10. La molécula de ácidos nucleicos de una cualquiera de las reivindicaciones 1 a 6, o un vector según la reivindicación 7, para ser usada en terapia.

11. Una molécula de ácidos nucleicos de una cualquiera de las reivindicaciones 1 a 6, o un vector según la reivindicación 7, para ser usados en el tratamiento de hemofilia.

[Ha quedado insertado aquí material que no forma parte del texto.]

-- ===== src/ConstFold/Pass.antt =====
-- The constant-folding pass over a function and a module (`ir_constfold_func`, `ir_constfold_run` and
-- the replacement of uses in src/middleend/ir_constfold.c). Allocation succeeds, so the chains of
-- uses are there and the full scan that the source keeps for a failed allocation is not reached.
-- The flag `changed` is returned with the function.
use baa.Base.{
  ℕ, Bool, true, false, ◌||◌, Option, none, some, List, [], ◌∷◌, ◌++◌, if◌then◌else◌, ltb, ◌==◌,
}
use baa.Ir.Types.{IrType}
use baa.Ir.Inst.{IrInst, IrValue, IrBlock, IrFunc, IrModule}
use baa.Ir.Mutate.{is_id, ir_block_remove_inst}
use baa.DefUse.{Slot, IrDefUse, reads, ir_defuse_build, edit_slot}
use baa.ConstFold.{Folded, ir_try_fold_inst, new_const_for_type}

abbrev pub or_type : Option IrType → Option IrType → Option IrType
or_type none t = t
or_type (some u) t = some u

-- A use of the folded register becomes the constant, at the type of the use where it has one.
unfoldable pub replace_use : Folded → IrValue → IrValue
replace_use fd v =
    if reads fd.reg v.payload then new_const_for_type fd.value (or_type v.type fd.type) else v

unfoldable pub replace_slots : Folded → List Slot → List IrBlock → List IrBlock
unfolding replace_use edit_slot
replace_slots fd [] bs = bs
replace_slots fd (u ∷ us) bs = replace_slots fd us (edit_slot u (replace_use fd) bs)

unfoldable pub ir_func_replace_reg_uses_defuse : IrDefUse → Folded → IrFunc → IrFunc
unfolding replace_slots
ir_func_replace_reg_uses_defuse du fd f =
    if ltb fd.reg du.max_reg
    then record f { blocks = replace_slots fd (du.uses_by_reg fd.reg) f.blocks }
    else f

-- The instruction with an id, as it stands now.
unfoldable pub find_inst : ℕ → List IrInst → Option IrInst
find_inst n [] = none
find_inst n (i ∷ is) = if is_id i.id n then some i else find_inst n is

unfoldable pub find_in_block : ℕ → ℕ → List IrBlock → Option IrInst
unfolding find_inst
find_in_block block n [] = none
find_in_block block n (b ∷ bs) =
    if b.id == block then find_inst n b.insts else find_in_block block n bs

-- The body of the loop: fold the instruction, replace the uses of its register, unlink it.
unfoldable pub fold_at : IrDefUse → ℕ → ℕ → IrFunc → IrFunc × Bool
unfolding find_in_block ir_func_replace_reg_uses_defuse ir_try_fold_inst
fold_at du block n f = elim (find_in_block block n f.blocks) [
  | none ↦ (f, false)
  | some inst ↦ elim (ir_try_fold_inst inst) [
    | none ↦ (f, false)
    | some fd ↦ (ir_block_remove_inst block n (ir_func_replace_reg_uses_defuse du fd f), true)
  ]
]

-- The loop reads the next pointer before it removes an instruction, and the pass removes no other:
-- it visits every instruction that stood in the function at the start, in order.
abbrev pub inst_ids : ℕ → List IrInst → List (ℕ × ℕ)
inst_ids block [] = []
inst_ids block (i ∷ is) = elim i.id [
  | none ↦ inst_ids block is
  | some n ↦ (block, n) ∷ inst_ids block is
]

abbrev pub block_inst_ids : List IrBlock → List (ℕ × ℕ)
block_inst_ids [] = []
block_inst_ids (b ∷ bs) = inst_ids b.id b.insts ++ block_inst_ids bs

unfoldable pub fold_all : IrDefUse → List (ℕ × ℕ) → IrFunc → IrFunc × Bool
unfolding fold_at
fold_all du [] f = (f, false)
fold_all du ((block, n) ∷ rest) f =
    let (f', folded) = fold_at du block n f in
    let (f'', more) = fold_all du rest f' in (f'', folded || more)

unfoldable pub ir_constfold_func : IrFunc → IrFunc × Bool
unfolding fold_all ir_defuse_build
ir_constfold_func f =
    if f.is_prototype then (f, false) else fold_all (ir_defuse_build f) (block_inst_ids f.blocks) f

unfoldable pub constfold_funcs : List IrFunc → List IrFunc × Bool
unfolding ir_constfold_func
constfold_funcs [] = ([], false)
constfold_funcs (f ∷ fs) =
    let (f', changed) = ir_constfold_func f in
    let (fs', more) = constfold_funcs fs in (f' ∷ fs', changed || more)

unfoldable pub ir_constfold_run : IrModule → IrModule × Bool
unfolding constfold_funcs
ir_constfold_run m =
    let (fs, changed) = constfold_funcs m.funcs in (record m { funcs = fs }, changed)
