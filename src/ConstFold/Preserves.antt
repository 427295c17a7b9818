-- ===== src/ConstFold/Preserves.antt =====
-- The constant-folding pass (src/middleend/ir_constfold.c) over a module: its flag tells of changes.
use baa.Base.{
  ℕ, ◌≡◌, refl, ap₂, ◌∙◌, inl, inr, false, List, [], ◌∷◌, Bool-cases, ||-neither, Option-cases,
}
use baa.Ir.Inst.{IrFunc, IrModule}
use baa.ConstFold.{ir_try_fold_inst}
use baa.ConstFold.Pass.{
  find_in_block, fold_at, fold_all, ir_constfold_func, constfold_funcs, ir_constfold_run,
  block_inst_ids,
}
use baa.DefUse.{IrDefUse, ir_defuse_build}

fold_at_unchanged :
    (du : IrDefUse) (block_id n : ℕ) (f : IrFunc)
    → (fold_at du block_id n f).1 ≡ false
    → (fold_at du block_id n f).0 ≡ f
unfolding fold_at
fold_at_unchanged du block_id n f h = elim (Option-cases (find_in_block block_id n f.blocks)) [
  | inl missing ↦ rw (missing, fold_at)
  | inr (i, found) ↦ elim (Option-cases (ir_try_fold_inst i)) [
    | inl stays ↦ rw (found, fold_at, stays)
    | inr (fd, folded) ↦ cc (rw (found, fold_at, folded) at h)
  ]
]

fold_all_unchanged :
    (du : IrDefUse) (items : List (ℕ × ℕ)) (f : IrFunc)
    → (fold_all du items f).1 ≡ false
    → (fold_all du items f).0 ≡ f
unfolding fold_all
fold_all_unchanged du [] f h = refl
fold_all_unchanged du ((block_id, n) ∷ rest) f h =
    let (first, others) =
      ||-neither (fold_at du block_id n f).1 (fold_all du rest (fold_at du block_id n f).0).1 h in
    fold_all_unchanged du rest (fold_at du block_id n f).0 others
    ∙ fold_at_unchanged du block_id n f first

func_unchanged : (f : IrFunc) → (ir_constfold_func f).1 ≡ false → (ir_constfold_func f).0 ≡ f
unfolding ir_constfold_func
func_unchanged f h = elim (Bool-cases f.is_prototype) [
  | inl prototype ↦ simp prototype
  | inr body ↦
      simp body
        (fold_all_unchanged (ir_defuse_build f) (block_inst_ids f.blocks) f (simp body at h))
]

funcs_unchanged : (fs : List IrFunc) → (constfold_funcs fs).1 ≡ false → (constfold_funcs fs).0 ≡ fs
unfolding constfold_funcs
funcs_unchanged [] h = refl
funcs_unchanged (f ∷ fs) h =
    let (first, others) = ||-neither (ir_constfold_func f).1 (constfold_funcs fs).1 h in
    ap₂ ◌∷◌ (func_unchanged f first) (funcs_unchanged fs others)

-- Where the pass over a module reports no change, the module is as it was.
pub constfold_run_unchanged :
    (m : IrModule) → (ir_constfold_run m).1 ≡ false → (ir_constfold_run m).0 ≡ m
unfolding ir_constfold_run
constfold_run_unchanged m h = λ i. record { funcs = funcs_unchanged m.funcs h i }
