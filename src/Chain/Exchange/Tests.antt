-- ===== src/Chain/Exchange/Tests.antt =====
-- core.go's DEX transactions at concrete inputs.
use synthos_collective.Prelude.{◌<◌, ◌≡◌, ◌≢◌, refl, [], ◌∷◌, arith, eq_iff, String}
use synthos_collective.Words.{u64_mod, add64, sub64}
use synthos_collective.Text.Numbers.{parse_uint}
use synthos_collective.Dict.{lookup, insert}
use synthos_collective.Chain.Types.{Pool, State, Tx, new_state, account_of}
use synthos_collective.Chain.Monad.{ok}
use synthos_collective.Chain.Ledger.{asset_of}
use synthos_collective.Chain.Exchange.Dispatch.{apply_dex_tx}
use synthos_collective.Chain.Exchange.Settlement.{KeepsSupply}
use synthos_collective.Chain.Governance.Execution.{balances}
use synthos_collective.Chain.Ledger.Transfers.{holdings}
use synthos_collective.Chain.Exchange.Conservation.{apply_dex_tx-KeepsSupply}

abbrev swap_tx : Tx
swap_tx = record {
  id = "t";
  chain_id = 1;
  from = "alice";
  to = "alice";
  amount = 100;
  fee = 10;
  nonce = 0;
  public_key = "k";
  signature = "";
  asset_id = "";
  metadata = record { key = "asset_id"; value = " gold " } ∷ [];
  timestamp = 0;
}

abbrev gold_pool : Pool
gold_pool = record {
  asset_id = "GOLD";
  syn_reserve = 1000;
  asset_reserve = 500;
  total_shares = 700;
  shares = ("bob", 700) ∷ [];
}

abbrev market : State
unfolding new_state
market = record new_state {
  accounts =
      ("alice", record { balance = 300; assets = []; nonce = 0 })
      ∷ ("0xdex_pool_gold", record { balance = 1000; assets = ("GOLD", 500) ∷ []; nonce = 0 })
      ∷ [];
  dex_pools = ("GOLD", gold_pool) ∷ [];
}

swap_runs : (apply_dex_tx swap_tx "dex_swap" market).0 ≡ ok tt
unfolding apply_dex_tx new_state lookup insert add64 sub64 parse_uint
swap_runs = refl

-- A 100 SYN input buys 45 of the asset.
swap_pays : asset_of "GOLD" (account_of "alice" (apply_dex_tx swap_tx "dex_swap" market).1) ≡ 45
unfolding apply_dex_tx new_state lookup insert add64 sub64 parse_uint
swap_pays = refl

abbrev swap_type : String
swap_type = "dex_swap"

abbrev issue_type : String
issue_type = "asset_issue"

not_issue : swap_type ≢ issue_type
not_issue h = ground (arith, eq_iff swap_type issue_type)

supplies : (balances market < u64_mod) × (holdings "GOLD" market < u64_mod)
unfolding new_state lookup
supplies = (omega arith, omega arith)

apply_dex_tx-KeepsSupply_example :
    KeepsSupply swap_tx "GOLD" market (apply_dex_tx swap_tx "dex_swap" market).1
apply_dex_tx-KeepsSupply_example =
    apply_dex_tx-KeepsSupply swap_tx "GOLD" market supplies.0 supplies.1 swap_type not_issue
      swap_runs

12. Un método para la preparación de un vector de suministro de genes parvovirales, comprendiendo el método las etapas de

(a) proporcionar una célula de insecto que comprende uno o más constructos de ácidos nucleicos que comprenden:

(i) una molécula de ácido nucleico de una cualquiera de las reivindicaciones 1 a 6 que está flanqueada por al menos una secuencia de nucleótidos repetida, terminal, invertida y parvoviral;

(ii) un primer cassette de expresión que comprende una secuencia de nucleótidos que codifica una o más proteínas Rep parvovirales que está funcionalmente conectado a un promotor que es capaz de conducir la expresión de la (s) proteína (s) Rep en la célula de insecto;

(iii) un segundo cassette de expresión que comprende una secuencia de nucleótidos que codifica una o más proteínas de cápsides parvovirales que está funcionalmente conectado a un promotor que es capaz de conducir la expresión de la (s) proteína (s) de la cápside en la célula de insecto;

(b) cultivar la célula de insecto definida en el apartado (a) bajo condiciones que conduzcan a la expresión de las proteínas Rep y de la cápside; y, opcionalmente,

(c) recuperar el vector de suministro de genes parvovirales.